18 November 2006

Robben Island

There's more to South Africa than just beautiful nature, good food, and good wine. South Africa has a turbulent historical past that includes colonization and racial persecution, rebellion and resistance. However, the policy of the day is reconcilliation and hope. One of the best ways to learn about South Africa's dark past and potential for a bright future is by taking the Robben Island tour...

Robben Island is the location of the infamous prison for political prisoners during South Africa's apartheid regime. Nelson Mandela of the African National Congress is probably the most famous former resident. It's a half hour (I think it was) by boat to get there...

When we got there, we were greeted by Yasein Mohamed, once secretary for the Pan-African Congress in the Western Cape and a former political prisoner: He was our guide for the first part of the tour. He talked about the history of Robben Island - it has always been an on-and-off prison island. From the 1800s to 1932, the island served as a leper colony where people of all colors were sent if they had leprosy or any other "unknown" disease (unknown diseases = leprosy). Non-white male anti-apartheid political prisoners, i.e. black and colored political activists were sent to Robben Island starting around 1960 with Pan-African Congress founder Robert Sobukwe, once considered the most dangerous man in South Africa. White male political activists and all female activists were imprisoned on the mainland. The international boycotts against South Africa started after the sending of political prisoners to Robben Island...

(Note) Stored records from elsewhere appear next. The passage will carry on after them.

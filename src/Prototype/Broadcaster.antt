-- ===== src/Prototype/Broadcaster.antt =====
-- prototype/hosts/broadcaster.py, and prototype/utils/gen-video.py, which writes the video file. What
-- is sent on the socket is one byte stream; the timer is the list of the times at which the wait for
-- it ran out. `pack_time` is `struct.pack('!d')`.
use p2p_livestreaming.Prelude.{
  ℕ, zero, suc, Option, none, some, List, [], ◌∷◌, ◌++◌, get_elem?, length, take, drop, Bytes,
}
use p2p_livestreaming.Prototype.{
  get_timestamp, frame_size, frame_beg, frame_end, bcast_beg, bcast_end,
}

-- `fvideo.write(frame)` for every frame.
unfoldable pub write_video : List Bytes → Bytes
write_video [] = []
write_video (frame ∷ video) = frame ++ write_video video

-- The reading loop of `__init__`, on what is left of the file.
unfoldable pub load_frames : ℕ → Bytes → List Bytes
load_frames zero file = []
load_frames (suc fuel) file =
    let rest = load_frames fuel (drop frame_size file) in
    elim (take frame_size file) [ [] ↦ [] | b ∷ frame ↦ (b ∷ frame) ∷ rest ]

-- `__init__`: `self.video`
unfoldable pub load_video : Bytes → List Bytes
unfolding load_frames
load_video file = load_frames (length file) file

-- What was sent, also where `video[frame_idx]` raised an IndexError.
pub data Sending : Type 0 where
  sent : Bytes → Sending
  index_error : Bytes → Sending

infixl 5 ◌>>=◌
abbrev pub ◌>>=◌ : Sending → (Bytes → Sending) → Sending
sent out >>= f = f out
index_error out >>= f = index_error out

module _ {Time : Type 0} (pack_time : Time → Bytes) (video : List Bytes) where
  -- `_send_frame`
  unfoldable pub send_frame : Time → ℕ → Bytes → Sending
  send_frame now frame_idx out = elim (get_elem? video frame_idx) [
    | none ↦ index_error (out ++ frame_beg)
    | some frame ↦
        sent (out ++ (frame_beg ++ ((get_timestamp pack_time now ++ frame) ++ frame_end)))
  ]

  unfoldable pub send_frames : List Time → ℕ → Bytes → Sending
  unfolding send_frame
  send_frames [] frame_idx out = sent (out ++ bcast_end)
  send_frames (now ∷ ticks) frame_idx out = do
    out' ← send_frame now frame_idx out
    send_frames ticks (suc frame_idx) out'

  -- `broadcast`
  unfoldable pub broadcast : List Time → Sending
  unfolding send_frames
  broadcast ticks = send_frames ticks 0 bcast_beg

-- The main block, on the arguments behind the script's name and on the file `video.data`; `none` is a
-- failed assertion on their number or a port that `int` rejects. The timer of 10 seconds is `ticks`.
unfoldable pub main :
    {Time : Type 0}
    → (Time → Bytes)
    → (int : Bytes → Option ℕ) → (file : Bytes) → List Time
    → (args : List Bytes) → Option Sending
unfolding broadcast load_video
main pack_time int file ticks (host ∷ port ∷ []) = elim (int port) [
  | none ↦ none
  | some _ ↦ some (broadcast pack_time (load_video file) ticks)
]
main pack_time int file ticks _ = none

Conditions for the prisoners were beyond harsh, and the blacks were treated worst of all. For example, you can see the different diets for blacks and coloreds. Furthermore, prisoners were forced to work at a quarry, without any sunglasses to protect their eyes from the glare from the white limestone... and all this was only "busywork"!! There was no demand for the limestone from the quarry at all! A lot of prisoners became blind or permanently vision-impaired because of this. Nelson Mandela included; ever notice his shades? You are not allowed to take flash pictures of him either (or something along those lines).

Certain prisoners were segregated from other prisoners, as to avoid "bad influence." However, it was relatively easy for prisoners to communicate with one another. For example, tennis balls would be cut open and messages stuffed into the tennis balls, and these tennis balls would be hit over walls separating cell blocks. The wardens dismissed it as blacks not knowing how to play tennis. No prisoner was allowed to communicate with the outside world; their visitors would sneak messages out for them. This was easiest for priests, who would hide messages inside their Bibles; wardens didn't dare search a priest!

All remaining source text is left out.